At last, with shouts and yells from the competing drivers, almost as deafening as the horn-blowing of a somewhat later date, and hailed apparently by every inhabitant and dog along the route, we arrived at the only real hotel in town, the Bella Union, where stages stopped and every city function took place. This hotel was a one-story, adobe house enlarged in 1858 to two stories, and located on Main Street above Commercial; and Dr. Obed Macy, who had bought it the previous spring from Winston & Hodges, was the proprietor.

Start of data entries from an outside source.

-- ===== src/Apps/Access/Steps.antt =====
-- What the steps before a controller do to the request and to the id of its session.
use dce_rust.Base.{
  ◌≡◌, ◌≢◌, refl, ap, sym, ◌∙◌, Bool, true, Option, none, some, list_eq, nat_eq, beq_refl, arith,
  any, ◌==◌, Bool-cases, if◌then◌else◌, inl, inr, Option-cases, subst,
}
use dce_rust.Text.{Str, text}
use dce_rust.Maps.{map_get, map_get-insert}
use dce_rust.Error.{ok, err, new_openly, pos}
use dce_rust.Protocol.{head_sid_name}
use dce_rust.Session.Meta.{Meta}
use dce_rust.Session.Meta
use dce_rust.Session.Trait.{Ran, ◌>>!◌, >>!-ok, ran-inj}
use dce_rust.Session.Redis.{cloned_key, on_redis, Snapshot}
use dce_rust.Session.User
use dce_rust.Session.Fresh.{IsFresh, OnOk, renew-OnOk, renew_none-new}
use dce_rust.Session.Keeping.{user-Holds, >>!-holds, cloned_destroy-Holds}
use dce_rust.Session.Auto.{AutoRenew}
use dce_rust.Apps.Access.{
  Member, Draw, Uses, C, S, AppAuth, uid_of, new_auth, valid, is_private, on_session, set_resp_sid,
  tell_sid,
}

module _ {Req Resp Method Value Status D R : Type 0}
    (uses : Uses Req Resp Method Value Status D R) where
  open uses use {box, commands, from_json, to_json, hash}

  -- `get_resp_sid`.
  abbrev pub told_sid : C uses → Option Str
  told_sid context = elim context.rp [
    | none ↦ none
    | some rp ↦ map_get head_sid_name rp.meta.resp_heads
  ]

  abbrev pub sid_of : AppAuth uses → Str
  sid_of auth = auth.session.session.meta.sid

  set_resp_sid-told :
      (sid : Str) (context after : C uses)
      → set_resp_sid uses sid context ≡ (ok tt, after)
      → told_sid after ≡ some sid
  unfolding set_resp_sid
  set_resp_sid-told sid context after e = elim (Option-cases context.rp) [
    | inl gone ↦ absurd (ground (arith, gone))
    | inr (rp, there) ↦
        let same = (ran-inj tt tt _ after (rw (there, set_resp_sid) at e)).1 in
        subst (λ c. told_sid c ≡ some sid) same
          (map_get-insert head_sid_name head_sid_name sid rp.meta.resp_heads
            ∙ ap (λ b. if b then some sid else map_get head_sid_name rp.meta.resp_heads)
                (beq_refl head_sid_name))
  ]

  pub new_auth-keeps :
      (context : C uses) (session : AutoRenew (S uses)) (auth : AppAuth uses)
      → new_auth uses context session ≡ ok auth
      → (auth.context ≡ context) × (auth.session ≡ session)
  unfolding new_auth
  new_auth-keeps context session auth e = elim (Option-cases context.api) [
    | inl gone ↦ absurd (ground (arith, gone))
    | inr (api, routed) ↦ ground arith
  ]

  pub tell_sid-told :
      (auth after : AppAuth uses)
      → tell_sid uses true auth ≡ (ok tt, after)
      → (told_sid after.context ≡ some (sid_of auth)) × (sid_of after ≡ sid_of auth)
  unfolding tell_sid
  tell_sid-told auth after e = (
    set_resp_sid-told (sid_of auth) auth.context after.context
        (ap (λ (r : Ran (Unit {0}) (AppAuth uses)). (r.0, r.1.context)) e),
    sym (ap (λ (r : Ran (Unit {0}) (AppAuth uses)). sid_of r.1) e),
  )

  destroyed-true :
      (s t : S uses) (b : Bool)
      → User.cloned_destroy commands (uid_of uses) from_json to_json s ≡ (ok b, t)
      → b ≡ true
  unfolding User.cloned_destroy
  destroyed-true s t b e =
      let unmapped = User.cloned_unmapping commands (uid_of uses) from_json to_json s in
      let gone =
        unmapped
        >>! (λ _ u. (cloned_key commands u, u))
        >>! (λ key u. on_redis (commands.del key) u) in
      let (_, last, _, done) = >>!-ok gone (λ _ u. (ok true, u)) b t e in
      sym (ran-inj true b last t done).0

  -- A login that ends has renewed the session.
  pub log_in-true :
      (draw : Draw) (s t : S uses) (b : Bool)
      → User.auto_login commands (uid_of uses) from_json to_json draw.now draw.random hash s
        ≡ (ok b, t)
      → b ≡ true
  unfolding User.auto_login User.log_in
  log_in-true draw s t b e =
      let named : S uses = record s {
        meta = Meta.config none none s.meta;
        cloned = some (record { meta = s.meta; user_meta = s.user_meta });
      } in
      let filters =
        User.login_filters commands (uid_of uses) from_json to_json draw.now draw.random hash
          s.user_meta in
      let renewed =
        User.renew commands (uid_of uses) from_json to_json draw.now draw.random hash filters
          named in
      let destroy =
        λ (_ : Bool) (u : S uses). User.cloned_destroy commands (uid_of uses) from_json to_json u in
      let (_, u, _, destroyed) = >>!-ok renewed destroy b t e in destroyed-true u t b destroyed

  OnOk-ran :
      {A T : Type 0} (P : T → Type 0) (m : Ran A T) (a : A) (t : T) → OnOk P m → m ≡ (ok a, t) → P t
  OnOk-ran P m a t h e = subst (OnOk P) e h

  -- A login that ends has given the session another id.
  pub log_in-new :
      (draw : Draw) (s t : S uses) (b : Bool)
      → IsFresh draw.now draw.random hash s.meta.sid
      → User.auto_login commands (uid_of uses) from_json to_json draw.now draw.random hash s
        ≡ (ok b, t)
      → t.meta.sid ≢ s.meta.sid
  unfolding User.auto_login User.log_in
  log_in-new draw s t b fresh e =
      let named : S uses = record s {
        meta = Meta.config none none s.meta;
        cloned = some (record { meta = s.meta; user_meta = s.user_meta });
      } in
      let filters =
        User.login_filters commands (uid_of uses) from_json to_json draw.now draw.random hash
          s.user_meta in
      let renewed =
        User.renew commands (uid_of uses) from_json to_json draw.now draw.random hash filters
          named in
      let destroy =
        λ (_ : Bool) (u : S uses). User.cloned_destroy commands (uid_of uses) from_json to_json u in
      let (c, u, ran, destroyed) = >>!-ok renewed destroy b t e in
      let Any = λ (m : Meta) (clone : Option (Snapshot Member)). Unit {0} in
      let Other = λ (m : Meta) (clone : Option (Snapshot Member)). m.sid ≢ s.meta.sid in
      let other : u.meta.sid ≢ s.meta.sid =
        OnOk-ran (λ (x : S uses). x.meta.sid ≢ s.meta.sid) renewed c u
          (renew-OnOk Any Other commands (λ m clone touched h. h) (uid_of uses) from_json to_json
            draw.now draw.random hash
            (λ m clone h. renew_none-new draw.now draw.random hash s.meta.sid fresh m) filters named
            tt)
          ran in
      subst (λ (x : S uses). x.meta.sid ≢ s.meta.sid)
        (ap (λ (r : Ran Bool (S uses)). r.1) destroyed)
        (cloned_destroy-Holds Other commands (uid_of uses) from_json to_json u other)

  -- The check of the roles reads the session only.
  pub valid-keeps :
      (auth : AppAuth uses)
      → ((valid uses auth).1.context ≡ auth.context) × (sid_of (valid uses auth).1 ≡ sid_of auth)
  unfolding valid on_session
  valid-keeps auth =
      let Kept = λ (a : AppAuth uses). (a.context ≡ auth.context) × (sid_of a ≡ sid_of auth) in
      let read = on_session uses (User.user commands (uid_of uses) from_json to_json) auth in
      let decide = λ (found : Option Member) (checked : AppAuth uses).
        elim found as (λ _. Ran (Unit {0}) (AppAuth uses)) [
          | none ↦ (err (new_openly (pos 401) (text "Unauthorized")), checked)
          | some user ↦
              if any (λ role. role == user.role_id) checked.roles_needs
              then (ok tt, checked)
              else (err (new_openly (pos 403) (text "Forbidden")), checked)
        ] in
      let same_sid : sid_of read.1 ≡ sid_of auth =
        user-Holds (λ m _. m.sid ≡ sid_of auth) commands (uid_of uses) from_json to_json
          auth.session.session refl in
      elim (Bool-cases (is_private uses auth)) [
        | inl private ↦ rw (valid, private) (>>!-holds Kept read decide (refl, same_sid) decided)
        | inr public ↦ rw (valid, public) (refl, refl)
      ]
    where
      decided :
          (found : Option Member) (a : AppAuth uses)
          → (a.context ≡ auth.context) × (sid_of a ≡ sid_of auth)
          → let r : Ran (Unit {0}) (AppAuth uses) =
              elim found as (λ _. Ran (Unit {0}) (AppAuth uses)) [
                | none ↦ (err (new_openly (pos 401) (text "Unauthorized")), a)
                | some user ↦
                    if any (λ role. role == user.role_id) a.roles_needs
                    then (ok tt, a)
                    else (err (new_openly (pos 403) (text "Forbidden")), a)
              ] in
            (r.1.context ≡ auth.context) × (sid_of r.1 ≡ sid_of auth)
      decided none a kept = kept
      decided (some user) a kept =
          elim (Bool-cases (any (λ role. role == user.role_id) a.roles_needs)) [
            | inl t ↦ rw t kept
            | inr f ↦ rw f kept
          ]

Bella Union as it Appeared in 1858
From a lithograph

John Goller's Blacksmith Shop
From a lithograph of 1858

My friend, Sam Meyer (now deceased, but for fifty years or more treasurer of Forty-two, the oldest Masonic lodge in Los Angeles), who had come here a few months in advance of me, awaited the arrival of the stage and at once recognized me by my costume, which was anything but in harmony with Southern California fashions of that time. My brother, J. P. Newmark, not having seen me for several years, thought that our meeting ought to be private, and so requested Sam to show me to his store. I was immediately taken to my brother's place of business where he received me with great affection; and there and then we renewed that sympathetic association which continued many years, until his death in 1895.

CHAPTER IV
FIRST ADVENTURES IN LOS ANGELES
1853

Once fairly well settled here, I began to clerk for my brother, who in 1852 had bought out a merchant named Howard. For this service I received my lodging, the cost of my board, and thirty dollars each month. The charges for board at the Bella Union—then enjoying a certain prestige, through having been the official residence of Pio Pico when Stockton took the city—were too heavy, and arrangements were made with a Frenchman named John La Rue, who had a restaurant on the east side of Los Angeles Street, about two hundred feet south of Bell's Row. I paid him nine dollars a week for three more or less hearty meals a day, not including eggs, unless I provided them; in this case he agreed to prepare them for me. Eggs were by no means scarce; but steaks and mutton and pork chops were the popular choice, and potatoes and vegetables a customary accompaniment.